# Pto



## JohnmShipley (Mar 17, 2009)

DAO (DUMB ASS OWNER) Question.
I have a L245DT I bought it about 2 years ago. I got it with a disc harrow a drag box, wheel weights x 4, a post hole auger (no boom), and a back hoe! Paid $3000 (yes I know I got a steal!!!) So my question is this the pto pump for the backhoe was mickey mouse chained on should'nt the pump have a mount so that it dose not move??? Also anyone know where I might find a boom for the Auger?


----------



## Live Oak (Dec 22, 2003)

Welcome to Tractor Forum John! Definitely sounds like you got a good deal on the L245. Yes, I would think a pto pump would be mounted solid somewhere. Have you been able to find any paint marks where it may have been mounted previously? 
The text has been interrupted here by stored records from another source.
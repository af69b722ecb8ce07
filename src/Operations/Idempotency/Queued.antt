-- ===== src/Operations/Idempotency/Queued.antt =====
-- A queued operation is found again by its scope, and a worker can take it up
-- (internal/operations/idempotency.go and internal/operations/lease.go).
use agentsmith_fs_control_pl.Operations.Idempotency.{
  IdempotencyScope, QueuedOperationSpec, compare_idempotency, conflict, new_queued_operation_record,
  queued_record, reused, scope_string, unseen, validate_spec,
}
use agentsmith_fs_control_pl.Operations.Lease.{
  LeaseRequest, acquire_lease, LeaseDecision, acquire_in, apply_lease,
}
use agentsmith_fs_control_pl.Operations.Lease.Grant.{
  RequestIsValid, acquire_lease-allowed_iff, acquire_lease-inv,
}
use agentsmith_fs_control_pl.Operations.Record.{OperationRecord}
use agentsmith_fs_control_pl.Operations.State.{running, allowed_next, validate_transition}
use agentsmith_fs_control_pl.Prelude.{
  Bool-cases, List, [], ap, arith, false, if◌then◌else◌, inl, inr, none, ok, pos, sym, true, ◌++◌,
  ◌↔◌, ◌∙◌, ◌∷◌, ◌≡◌, ◌≢◌, ◌⊎◌, refl, subst,
}
use agentsmith_fs_control_pl.Text.{Text, text_eq, text_eq_iff}

new_queued_operation_record-inv :
    (s : QueuedOperationSpec) (r : OperationRecord)
    → new_queued_operation_record s ≡ ok r
    → (validate_spec s ≡ none) × (r ≡ queued_record s)
unfolding new_queued_operation_record
new_queued_operation_record-inv s r h = ground arith

compare-append_same :
    (rs : List OperationRecord) (r : OperationRecord) (scope : IdempotencyScope) (hash old : Text)
    → r.idempotency_scope ≡ scope_string scope
    → compare_idempotency rs scope old ≡ unseen
    → compare_idempotency (rs ++ r ∷ []) scope hash
      ≡ (if text_eq r.request_hash hash then reused r else conflict)
unfolding compare_idempotency
compare-append_same [] r scope hash old e h =
    let same = (text_eq_iff r.idempotency_scope (scope_string scope)).1 e in ground arith
compare-append_same (q ∷ rs) r scope hash old e h =
    ground (arith, compare-append_same rs r scope hash old e)

compare-append_other :
    (rs : List OperationRecord) (r : OperationRecord) (scope : IdempotencyScope) (hash : Text)
    → r.idempotency_scope ≢ scope_string scope
    → compare_idempotency (rs ++ r ∷ []) scope hash ≡ compare_idempotency rs scope hash
unfolding compare_idempotency
compare-append_other [] r scope hash n =
    let same = text_eq_iff r.idempotency_scope (scope_string scope) in ground arith
compare-append_other (q ∷ rs) r scope hash n =
    ground (arith, compare-append_other rs r scope hash n)

differ : {a b : Text} → (text_eq a b ≡ true) ↔ (a ≡ b) → text_eq a b ≡ false → a ≢ b
differ e n h = ground (arith, e.1 h)

-- Once the operation of a request with a new scope is stored behind the others, a repeated request
-- gets that operation, and one with the same scope and another request hash a conflict; requests
-- with another scope string are answered as before.
pub compare_idempotency-queued :
    (rs : List OperationRecord) (s : QueuedOperationSpec) (r : OperationRecord)
    (other : IdempotencyScope) (hash : Text)
    → new_queued_operation_record s ≡ ok r
    → compare_idempotency rs s.scope s.request_hash ≡ unseen
    → (compare_idempotency (rs ++ r ∷ []) s.scope s.request_hash ≡ reused r)
      × ((hash ≡ s.request_hash) ⊎ (compare_idempotency (rs ++ r ∷ []) s.scope hash ≡ conflict))
      × ((scope_string other ≡ scope_string s.scope)
          ⊎ (compare_idempotency (rs ++ r ∷ []) other hash ≡ compare_idempotency rs other hash))
compare_idempotency-queued rs s r other hash h unseen_before =
    let (_, made) = new_queued_operation_record-inv s r h in
    let scoped : r.idempotency_scope ≡ scope_string s.scope = ap (λ x. x.idempotency_scope) made in
    let hashed : r.request_hash ≡ s.request_hash = ap (λ x. x.request_hash) made in
    let again =
      compare-append_same rs r s.scope s.request_hash s.request_hash scoped unseen_before in
    let changed = compare-append_same rs r s.scope hash s.request_hash scoped unseen_before in
    (
      ground (arith, text_eq_iff r.request_hash s.request_hash),
      elim (Bool-cases (text_eq r.request_hash hash)) [
        | inl e ↦ inl (sym ((text_eq_iff r.request_hash hash).0 e) ∙ hashed)
        | inr n ↦ inr (ground arith)
      ],
      elim (Bool-cases (text_eq (scope_string other) (scope_string s.scope))) [
        | inl e ↦ inl ((text_eq_iff (scope_string other) (scope_string s.scope)).0 e)
        | inr n ↦ inr (
            compare-append_other rs r other hash (λ e.
              differ (text_eq_iff (scope_string other) (scope_string s.scope)) n (sym e ∙ scoped)))
      ],
    )

-- A worker takes an operation up and runs it for the first time.
abbrev pub IsTaken : LeaseDecision → Type 0
IsTaken d = (d.allowed ≡ true) × (d.operation.state ≡ running) × (d.operation.attempt ≡ pos 1)

queued_record-IsTaken :
    (s : QueuedOperationSpec) (q : LeaseRequest)
    → RequestIsValid q
    → IsTaken (acquire_lease (queued_record s) q)
unfolding acquire_in apply_lease validate_transition allowed_next
queued_record-IsTaken s q valid =
    let allowed =
      (acquire_lease-allowed_iff (queued_record s) q).1
        (record { request = valid; attempt = refl; paired = inl (refl, refl); state = refl }) in
    let (_, _, _, run) = acquire_lease-inv (queued_record s) q allowed in
    (allowed, ap (λ d. d.operation.state) run, ap (λ d. d.operation.attempt) run)

-- Every operation that a request is queued as is taken up by the first worker that asks for its
-- lease with a valid request.
pub new_queued_operation_record-IsTaken :
    (s : QueuedOperationSpec) (r : OperationRecord) (q : LeaseRequest)
    → new_queued_operation_record s ≡ ok r
    → RequestIsValid q
    → IsTaken (acquire_lease r q)
new_queued_operation_record-IsTaken s r q h valid =
    subst (λ x. IsTaken (acquire_lease x q)) (sym (new_queued_operation_record-inv s r h).1)
      (queued_record-IsTaken s q valid)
Do you know which brand auger you have?


----------



## al b (Feb 6, 2009)

I have a PTO pump and it slides on the shaft and there is a bracket that keeps it from spinning with the shaft. The shaft is what really holds it in place if that makes any since.


----------



## JohnmShipley (Mar 17, 2009)

There is no bracket there that I see and I did not notice any marks where there were bolts or a bracket use to be. I know that there is a set screw to hold the shaft in place I backed it out to remove the pump when I took the back hoe off to put the drag box on so that makes sense. But it still seems like there should be some sort of bracket or retainer to keep the pump from turning half way around when in use! I figure if worse comes to worse Ill fabricat one from some angle iron and the trusty welder!
Im not sure what model the auger is Ill have to check and get back to ya.


----------



## JohnmShipley (Mar 17, 2009)

*The Auger is!*

Ok so I finaly got the chance to check the auger. Its a Roper Manufacturing Auger S/N 19965 There is no model number that I could find on it. It came equiped with timkin berings and there is a tag for the bearing part number but those have long since rubbed off. Any Ideas???


----------



## Morgan (Oct 26, 2006)

Those pumps should have a flat iron piece that comes out with a hole in the end and it slides into the Third arm position with the pin that holds the third arm. We use those types all the time around the farm. 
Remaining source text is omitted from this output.